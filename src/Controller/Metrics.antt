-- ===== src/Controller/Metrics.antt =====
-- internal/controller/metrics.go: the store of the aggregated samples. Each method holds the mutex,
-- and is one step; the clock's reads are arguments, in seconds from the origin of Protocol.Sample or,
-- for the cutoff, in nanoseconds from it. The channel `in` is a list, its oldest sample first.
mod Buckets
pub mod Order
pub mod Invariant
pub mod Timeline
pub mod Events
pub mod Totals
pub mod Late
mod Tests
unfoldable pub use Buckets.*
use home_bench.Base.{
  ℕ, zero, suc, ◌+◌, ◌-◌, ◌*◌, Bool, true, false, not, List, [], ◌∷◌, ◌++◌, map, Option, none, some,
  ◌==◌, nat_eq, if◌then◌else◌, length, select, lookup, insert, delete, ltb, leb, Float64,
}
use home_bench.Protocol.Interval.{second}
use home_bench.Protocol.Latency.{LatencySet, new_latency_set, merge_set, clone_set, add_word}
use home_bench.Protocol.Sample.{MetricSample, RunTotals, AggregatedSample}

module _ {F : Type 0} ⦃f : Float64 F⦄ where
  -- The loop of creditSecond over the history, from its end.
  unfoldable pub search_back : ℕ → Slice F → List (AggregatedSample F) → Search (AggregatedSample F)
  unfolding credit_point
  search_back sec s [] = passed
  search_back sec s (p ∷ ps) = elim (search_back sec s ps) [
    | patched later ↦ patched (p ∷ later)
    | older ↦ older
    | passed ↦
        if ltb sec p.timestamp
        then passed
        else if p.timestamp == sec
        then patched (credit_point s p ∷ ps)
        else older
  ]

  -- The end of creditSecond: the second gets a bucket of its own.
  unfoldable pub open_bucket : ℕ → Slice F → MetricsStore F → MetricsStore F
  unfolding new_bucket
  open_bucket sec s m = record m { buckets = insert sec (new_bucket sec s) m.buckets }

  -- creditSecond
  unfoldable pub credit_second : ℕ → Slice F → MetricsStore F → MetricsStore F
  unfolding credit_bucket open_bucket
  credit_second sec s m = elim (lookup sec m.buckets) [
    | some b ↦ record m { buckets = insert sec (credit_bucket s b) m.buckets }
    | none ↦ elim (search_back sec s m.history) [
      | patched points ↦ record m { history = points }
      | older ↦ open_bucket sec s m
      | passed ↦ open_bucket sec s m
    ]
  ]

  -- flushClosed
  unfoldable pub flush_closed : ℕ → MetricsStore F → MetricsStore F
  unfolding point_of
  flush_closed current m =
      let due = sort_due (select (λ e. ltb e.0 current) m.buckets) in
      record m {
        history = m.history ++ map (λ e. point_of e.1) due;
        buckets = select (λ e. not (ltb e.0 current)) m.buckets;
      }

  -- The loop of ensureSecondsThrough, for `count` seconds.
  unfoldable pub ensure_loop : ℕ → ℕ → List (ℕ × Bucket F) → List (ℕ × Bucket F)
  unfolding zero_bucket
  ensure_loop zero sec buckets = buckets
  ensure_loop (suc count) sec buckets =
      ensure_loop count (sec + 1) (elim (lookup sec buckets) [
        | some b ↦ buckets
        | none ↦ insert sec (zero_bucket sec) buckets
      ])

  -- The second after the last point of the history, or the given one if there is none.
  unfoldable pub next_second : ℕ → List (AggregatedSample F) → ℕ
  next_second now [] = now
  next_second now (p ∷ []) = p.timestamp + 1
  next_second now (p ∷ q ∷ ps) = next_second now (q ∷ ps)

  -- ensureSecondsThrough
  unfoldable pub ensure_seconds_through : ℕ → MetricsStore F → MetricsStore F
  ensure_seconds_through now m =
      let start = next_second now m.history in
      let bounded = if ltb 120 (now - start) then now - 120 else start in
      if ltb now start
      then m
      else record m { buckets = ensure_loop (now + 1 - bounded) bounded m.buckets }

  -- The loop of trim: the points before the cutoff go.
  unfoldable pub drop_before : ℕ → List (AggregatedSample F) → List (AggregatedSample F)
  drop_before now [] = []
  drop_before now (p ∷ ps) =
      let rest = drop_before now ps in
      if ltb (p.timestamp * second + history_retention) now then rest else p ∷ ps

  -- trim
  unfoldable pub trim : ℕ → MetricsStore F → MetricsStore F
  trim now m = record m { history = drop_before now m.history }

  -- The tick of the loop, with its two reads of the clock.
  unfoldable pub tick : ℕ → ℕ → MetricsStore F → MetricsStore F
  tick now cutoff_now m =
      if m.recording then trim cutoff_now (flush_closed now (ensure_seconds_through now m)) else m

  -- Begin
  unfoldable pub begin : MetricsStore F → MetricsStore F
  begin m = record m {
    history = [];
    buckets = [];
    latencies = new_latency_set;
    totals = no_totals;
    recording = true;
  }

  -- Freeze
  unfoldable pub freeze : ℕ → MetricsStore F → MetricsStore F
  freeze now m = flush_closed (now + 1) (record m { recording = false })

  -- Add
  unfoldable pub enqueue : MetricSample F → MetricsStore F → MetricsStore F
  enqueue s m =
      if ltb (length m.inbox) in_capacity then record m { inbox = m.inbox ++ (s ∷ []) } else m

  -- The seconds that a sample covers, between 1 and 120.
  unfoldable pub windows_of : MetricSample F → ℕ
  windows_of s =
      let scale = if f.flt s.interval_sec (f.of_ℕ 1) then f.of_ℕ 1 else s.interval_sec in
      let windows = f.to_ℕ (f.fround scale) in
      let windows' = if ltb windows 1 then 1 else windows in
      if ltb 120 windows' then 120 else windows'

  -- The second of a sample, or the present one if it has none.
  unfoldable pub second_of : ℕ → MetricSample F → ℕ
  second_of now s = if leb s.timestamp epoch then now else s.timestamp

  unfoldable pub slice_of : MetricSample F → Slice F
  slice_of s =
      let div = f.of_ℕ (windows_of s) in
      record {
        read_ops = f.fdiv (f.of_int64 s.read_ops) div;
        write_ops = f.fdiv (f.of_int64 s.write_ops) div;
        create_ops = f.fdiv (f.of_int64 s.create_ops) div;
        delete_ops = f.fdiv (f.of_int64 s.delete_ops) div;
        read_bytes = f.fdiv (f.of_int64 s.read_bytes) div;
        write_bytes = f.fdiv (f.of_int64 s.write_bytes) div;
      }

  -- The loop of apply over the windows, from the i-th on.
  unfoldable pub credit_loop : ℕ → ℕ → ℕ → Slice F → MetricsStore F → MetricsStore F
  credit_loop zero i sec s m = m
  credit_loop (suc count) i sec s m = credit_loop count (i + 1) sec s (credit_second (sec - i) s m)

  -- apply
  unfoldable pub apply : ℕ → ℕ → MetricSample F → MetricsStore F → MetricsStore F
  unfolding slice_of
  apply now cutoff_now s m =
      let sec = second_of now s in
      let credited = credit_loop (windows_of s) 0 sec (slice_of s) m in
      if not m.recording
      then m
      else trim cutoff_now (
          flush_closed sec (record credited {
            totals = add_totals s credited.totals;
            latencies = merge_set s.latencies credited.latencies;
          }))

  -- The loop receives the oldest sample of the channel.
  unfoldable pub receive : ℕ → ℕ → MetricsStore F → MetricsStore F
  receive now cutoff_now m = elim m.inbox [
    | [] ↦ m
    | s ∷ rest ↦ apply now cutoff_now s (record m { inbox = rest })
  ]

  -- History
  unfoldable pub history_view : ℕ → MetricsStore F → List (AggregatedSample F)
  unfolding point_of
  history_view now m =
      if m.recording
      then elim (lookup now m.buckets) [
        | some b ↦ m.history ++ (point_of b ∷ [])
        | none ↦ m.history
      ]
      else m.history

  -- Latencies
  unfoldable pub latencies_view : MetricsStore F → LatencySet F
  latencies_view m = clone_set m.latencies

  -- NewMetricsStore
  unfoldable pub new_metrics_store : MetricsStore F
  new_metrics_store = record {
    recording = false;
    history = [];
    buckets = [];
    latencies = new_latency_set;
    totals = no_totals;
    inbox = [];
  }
_____
ASSIGNMENT –
Using the records above, copy word for word the line with "-- The tick", the line with "unfoldable pub freeze", and every line between them.

EXERCISE ANSWER –
  -- The tick of the loop, with its two reads of the clock.
  unfoldable pub tick : ℕ → ℕ → MetricsStore F → MetricsStore F
  tick now cutoff_now m =
      if m.recording then trim cutoff_now (flush_closed now (ensure_seconds_through now m)) else m

  -- Begin
  unfoldable pub begin : MetricsStore F → MetricsStore F
  begin m = record m {
    history = [];
    buckets = [];
    latencies = new_latency_set;
    totals = no_totals;
    recording = true;
  }

  -- Freeze
  unfoldable pub freeze : ℕ → MetricsStore F → MetricsStore F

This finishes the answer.